▶ [Assigned task]
Among the records below, how many lines contain the word "omega"? The answer is a single number.

▶ [Collected data entries]
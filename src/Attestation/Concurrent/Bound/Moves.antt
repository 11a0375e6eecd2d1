-- ===== src/Attestation/Concurrent/Bound/Moves.antt =====
-- What a run of one request does to the key of a device.
use encryption_gateway.Prelude.{
  ℕ, http, Text, codes, text_eq, text_eq_iff, ◌∷◌, Option, none, some, Bool, true, false,
  if◌then◌else◌, Result, ok, err, ◌≡◌, inl, inr, refl, arith, ap, subst, sym, Bool-cases,
}
use encryption_gateway.Exec.{state-continue, continue, pure, raise}
use encryption_gateway.Runtime.{Bytes, Runtime}
use encryption_gateway.Kv.{KvStore, KvKeeps}
use encryption_gateway.Attestation.Crypto.{Crypto}
use encryption_gateway.Attestation.Challenges
use encryption_gateway.Attestation.Challenges.{issue, consume, read_challenge}
use encryption_gateway.Attestation.Challenges.SingleUse.{keys_apart}
use encryption_gateway.Attestation.Devices
use encryption_gateway.Attestation.Devices.{EnrolledDevice, enrol, read_device}
use encryption_gateway.Attestation.Chain.{AttestationPolicy, Attested}
use encryption_gateway.Attestation.Controller.{
  EnrollDevice, VerifyDevice, assert_configured, challenge, bind_key, device_of, purpose_or_enroll,
}
use encryption_gateway.Attestation.DeviceGuard.{DevicePolicy, DeviceHeaders}
use encryption_gateway.Attestation.Concurrent.{
  Handler, challenging, enrolling, binding, enrolled, verifying, finding, guarding, looking_up,
  after_verify, after_consume, after_nonce, after_find, after_guard_nonce, after_lookup,
  resume_enroll, resume_verify, resume_guard, resume,
}
use encryption_gateway.Attestation.Concurrent.AtMostOne
use encryption_gateway.Attestation.Concurrent.Bound.Weights.{bound}

module _ (R : Runtime) (C : Crypto) (kv : KvStore) (lower : Text → Text) (P : AttestationPolicy)
    (device_id : Text) where
  module _ (keeps : KvKeeps kv) where
    abbrev pub IsTaken : kv.State → Type 0
    IsTaken s = keeps.Taken (Devices.key device_id) s

    abbrev IsMove : ℕ → kv.State → Handler R C kv lower P → kv.State → Type 0
    IsMove = AtMostOne.IsMove R C kv lower P (bound R C kv lower P device_id) (λ h. Unit) IsTaken

    consume-IsTaken :
        (now : ℕ) (id expected : Text) (s : kv.State)
        → IsTaken s
        → IsTaken (consume R kv now id expected s).1
    unfolding consume
    consume-IsTaken now id expected s taken =
        rw (state-continue _ (λ raw. read_challenge R raw expected) _) (
          keeps.get_delete-taken now (Challenges.key id) (Devices.key device_id) s
            (λ e. keys_apart id device_id (sym e)) taken)

    get-IsTaken :
        (now : ℕ) (d : Text) (s : kv.State) → IsTaken s → IsTaken (Devices.get R C kv now d s).1
    unfolding Devices.get
    get-IsTaken now d s taken =
        rw (state-continue {B = Option (EnrolledDevice R C)} _ (λ raw. ok (read_device R C raw)) _)
          (keeps.get-taken now (Devices.key d) (Devices.key device_id) s taken)

    issue-IsTaken :
        (now : ℕ) (id : Text) (nonce : Bytes) (purpose : Text) (s : kv.State)
        → IsTaken s
        → IsTaken (issue R kv now id nonce purpose s).1
    unfolding issue
    issue-IsTaken now id nonce purpose s taken =
        rw (state-continue {B = Text × Bytes} _ (λ _. ok (id, nonce)) _) (
          keeps.set-taken now (Challenges.key id) (Devices.key device_id) _ _ s
            (λ e. keys_apart id device_id (sym e)) taken)

    module _ (now : ℕ) (body : EnrollDevice) (a : Attested lower C P) (s : kv.State) where
      abbrev wrote : Result Bool × kv.State
      wrote = enrol R C kv now body.device_id (device_of R C kv lower P now a) s

      abbrev replied : Result Bool → Result ℕ × kv.State
      replied r =
          continue r
            (λ enrolled_now.
              if enrolled_now
              then pure a.security_level
              else raise (http 409 "DEVICE_ALREADY_ENROLLED"))
            wrote.1

      wrote-IsTaken : IsTaken s → IsTaken wrote.1
      wrote-IsTaken = unfold enrol in λ taken. keeps.set_if_absent_keeps now _ _ _ none s taken

      at_same :
          text_eq body.device_id device_id ≡ true
          → wrote.0 ≡ ok true
          → (IsTaken s → ⊥) × IsTaken wrote.1
      at_same =
          unfold enrol in
          λ same h.
            let at_id : Devices.key body.device_id ≡ Devices.key device_id =
              ap Devices.key ((text_eq_iff body.device_id device_id).0 same) in
            (
              λ taken.
                  keeps.taken-set_if_absent now (Devices.key body.device_id) _ none s
                    (subst (λ k. keeps.Taken k s) (sym at_id) taken) h,
              subst (λ k. keeps.Taken k wrote.1) at_id
                  (keeps.set_if_absent-taken now (Devices.key body.device_id) _ s h),
            )

      bind-IsMove :
          (r : Result Bool) → wrote.0 ≡ r → IsMove 0 s (enrolled body (replied r).0) (replied r).1
      bind-IsMove (err e) h = record {
        quiet = tt;
        stays = wrote-IsTaken;
        gains = inl (omega arith);
      }
      bind-IsMove (ok false) h = record {
        quiet = tt;
        stays = wrote-IsTaken;
        gains = inl (omega arith);
      }
      bind-IsMove (ok true) h = elim (Bool-cases (text_eq body.device_id device_id)) [
        | inl same ↦ record {
          quiet = tt;
          stays = wrote-IsTaken;
          gains = let (free, taken) = at_same same h in inr (rw same refl, free, taken);
        }
        | inr other ↦ record {
          quiet = tt;
          stays = wrote-IsTaken;
          gains = inl (ground (arith, other));
        }
      ]

    binding-IsMove :
        (now : ℕ) (body : EnrollDevice) (a : Attested lower C P) (s : kv.State)
        → IsMove 0 s
            (enrolled body (bind_key R C kv lower P now body.device_id a s).0)
            (bind_key R C kv lower P now body.device_id a s).1
    unfolding bind_key
    binding-IsMove now body a s = bind-IsMove now body a s (wrote now body a s).0 refl

    -- A run that enrols nothing.
    quietly :
        (n : ℕ) (s t : kv.State) (h : Handler R C kv lower P)
        → (IsTaken s → IsTaken t)
        → bound R C kv lower P device_id h ≡ 0
        → IsMove n s h t
    quietly n s t h stays nothing = record {
      quiet = tt;
      stays = stays;
      gains = inl (omega (arith, nothing));
    }

    still :
        (s : kv.State) (h : Handler R C kv lower P)
        → IsMove (bound R C kv lower P device_id h) s h s
    still s h = record { quiet = tt; stays = λ taken. taken; gains = inl (omega arith) }

    after_consume_free :
        (now2 : ℕ) (body : EnrollDevice) (r : Result (Option Bytes))
        → bound R C kv lower P device_id (after_consume R C kv lower P now2 body r) ≡ 0
    after_consume_free now2 body (err e) = refl
    after_consume_free now2 body (ok none) = refl
    after_consume_free now2 body (ok (some nonce)) = verify_free _
      where
        verify_free :
            (v : Result (Attested lower C P))
            → bound R C kv lower P device_id (after_verify R C kv lower P body v) ≡ 0
        verify_free (err e) = refl
        verify_free (ok a) = refl

    enroll-IsMove :
        (now now2 : ℕ) (body : EnrollDevice) (r : Result (Unit {0})) (s : kv.State)
        → IsMove 0 s
            (resume_enroll R C kv lower P now now2 body r s).0
            (resume_enroll R C kv lower P now now2 body r s).1
    unfolding resume_enroll
    enroll-IsMove now now2 body (err e) s = quietly 0 s s _ (λ taken. taken) refl
    enroll-IsMove now now2 body (ok u) s =
        quietly 0 s _ _ (consume-IsTaken now body.challenge_id (codes "enroll") s)
          (after_consume_free now2 body _)

    verify-IsMove :
        (now : ℕ) (body : VerifyDevice) (r : Result (Unit {0})) (s : kv.State)
        → IsMove 0 s
            (resume_verify R C kv lower P now body r s).0
            (resume_verify R C kv lower P now body r s).1
    unfolding resume_verify
    verify-IsMove now body (err e) s = quietly 0 s s _ (λ taken. taken) refl
    verify-IsMove now body (ok u) s =
        quietly 0 s _ _ (consume-IsTaken now body.challenge_id (codes "verify") s)
          (nonce_free (consume R kv now body.challenge_id (codes "verify") s).0)
      where
        nonce_free :
            (r : Result (Option Bytes))
            → bound R C kv lower P device_id (after_nonce R C kv lower P body r) ≡ 0
        nonce_free (err e) = refl
        nonce_free (ok _) = refl

    guard-IsMove :
        (now : ℕ) (policy : DevicePolicy) (headers : DeviceHeaders) (purpose : Text)
        (d c g : Option Text) (s : kv.State)
        → IsMove 0 s
            (resume_guard R C kv lower P now policy headers purpose d c g s).0
            (resume_guard R C kv lower P now policy headers purpose d c g s).1
    unfolding resume_guard
    guard-IsMove now policy headers purpose (some (d ∷ ds)) (some (c ∷ cs)) (some (g ∷ gs)) s =
        quietly 0 s _ _ (consume-IsTaken now (c ∷ cs) purpose s)
          (guard_free (consume R kv now (c ∷ cs) purpose s).0)
      where
        guard_free :
            (r : Result (Option Bytes))
            → bound R C kv lower P device_id
                (after_guard_nonce R C kv lower P policy headers (d ∷ ds) (g ∷ gs) r)
              ≡ 0
        guard_free (err e) = refl
        guard_free (ok none) = refl
        guard_free (ok (some nonce)) = refl
    guard-IsMove now policy headers purpose d c g s = quietly 0 s s _ (λ taken. taken) refl

    found_free :
        (body : VerifyDevice) (held : Option Bytes) (r : Result (Option (EnrolledDevice R C)))
        → bound R C kv lower P device_id (after_find R C kv lower P body held r) ≡ 0
    found_free body held (err e) = refl
    found_free body held (ok device) = refl

    looked_free :
        (policy : DevicePolicy) (headers : DeviceHeaders) (d g : Text) (nonce : Bytes)
        (r : Result (Option (EnrolledDevice R C)))
        → bound R C kv lower P device_id (after_lookup R C kv lower P policy headers d g nonce r)
          ≡ 0
    looked_free policy headers d g nonce (err e) = refl
    looked_free policy headers d g nonce (ok device) = refl

    pub resume-IsMove :
        (now now2 : ℕ) (h : Handler R C kv lower P) (s : kv.State)
        → Unit {0}
        → IsMove
            (bound R C kv lower P device_id h)
            s
            (resume R C kv lower P now now2 h s).0
            (resume R C kv lower P now now2 h s).1
    unfolding resume challenge
    resume-IsMove now now2 (challenging other nonce purpose) s u =
        quietly 0 s _ _ (issue-IsTaken now other nonce (purpose_or_enroll purpose) s) refl
    resume-IsMove now now2 (enrolling body) s u =
        enroll-IsMove now now2 body (assert_configured R C kv lower P) s
    resume-IsMove now now2 (binding body a) s u = binding-IsMove now body a s
    resume-IsMove now now2 (verifying body) s u =
        verify-IsMove now body (assert_configured R C kv lower P) s
    resume-IsMove now now2 (finding body nonce) s u =
        quietly 0 s _ _ (get-IsTaken now body.device_id s) (found_free body nonce _)
    resume-IsMove now now2 (guarding policy headers purpose) s u =
        guard-IsMove now policy headers purpose headers.x_device_id headers.x_device_challenge_id
          headers.x_device_signature s
    resume-IsMove now now2 (looking_up policy headers d g nonce) s u =
        quietly 0 s _ _ (get-IsTaken now d s) (looked_free policy headers d g nonce _)
    resume-IsMove now now2 h s u = still s h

▶ [Completed task]
4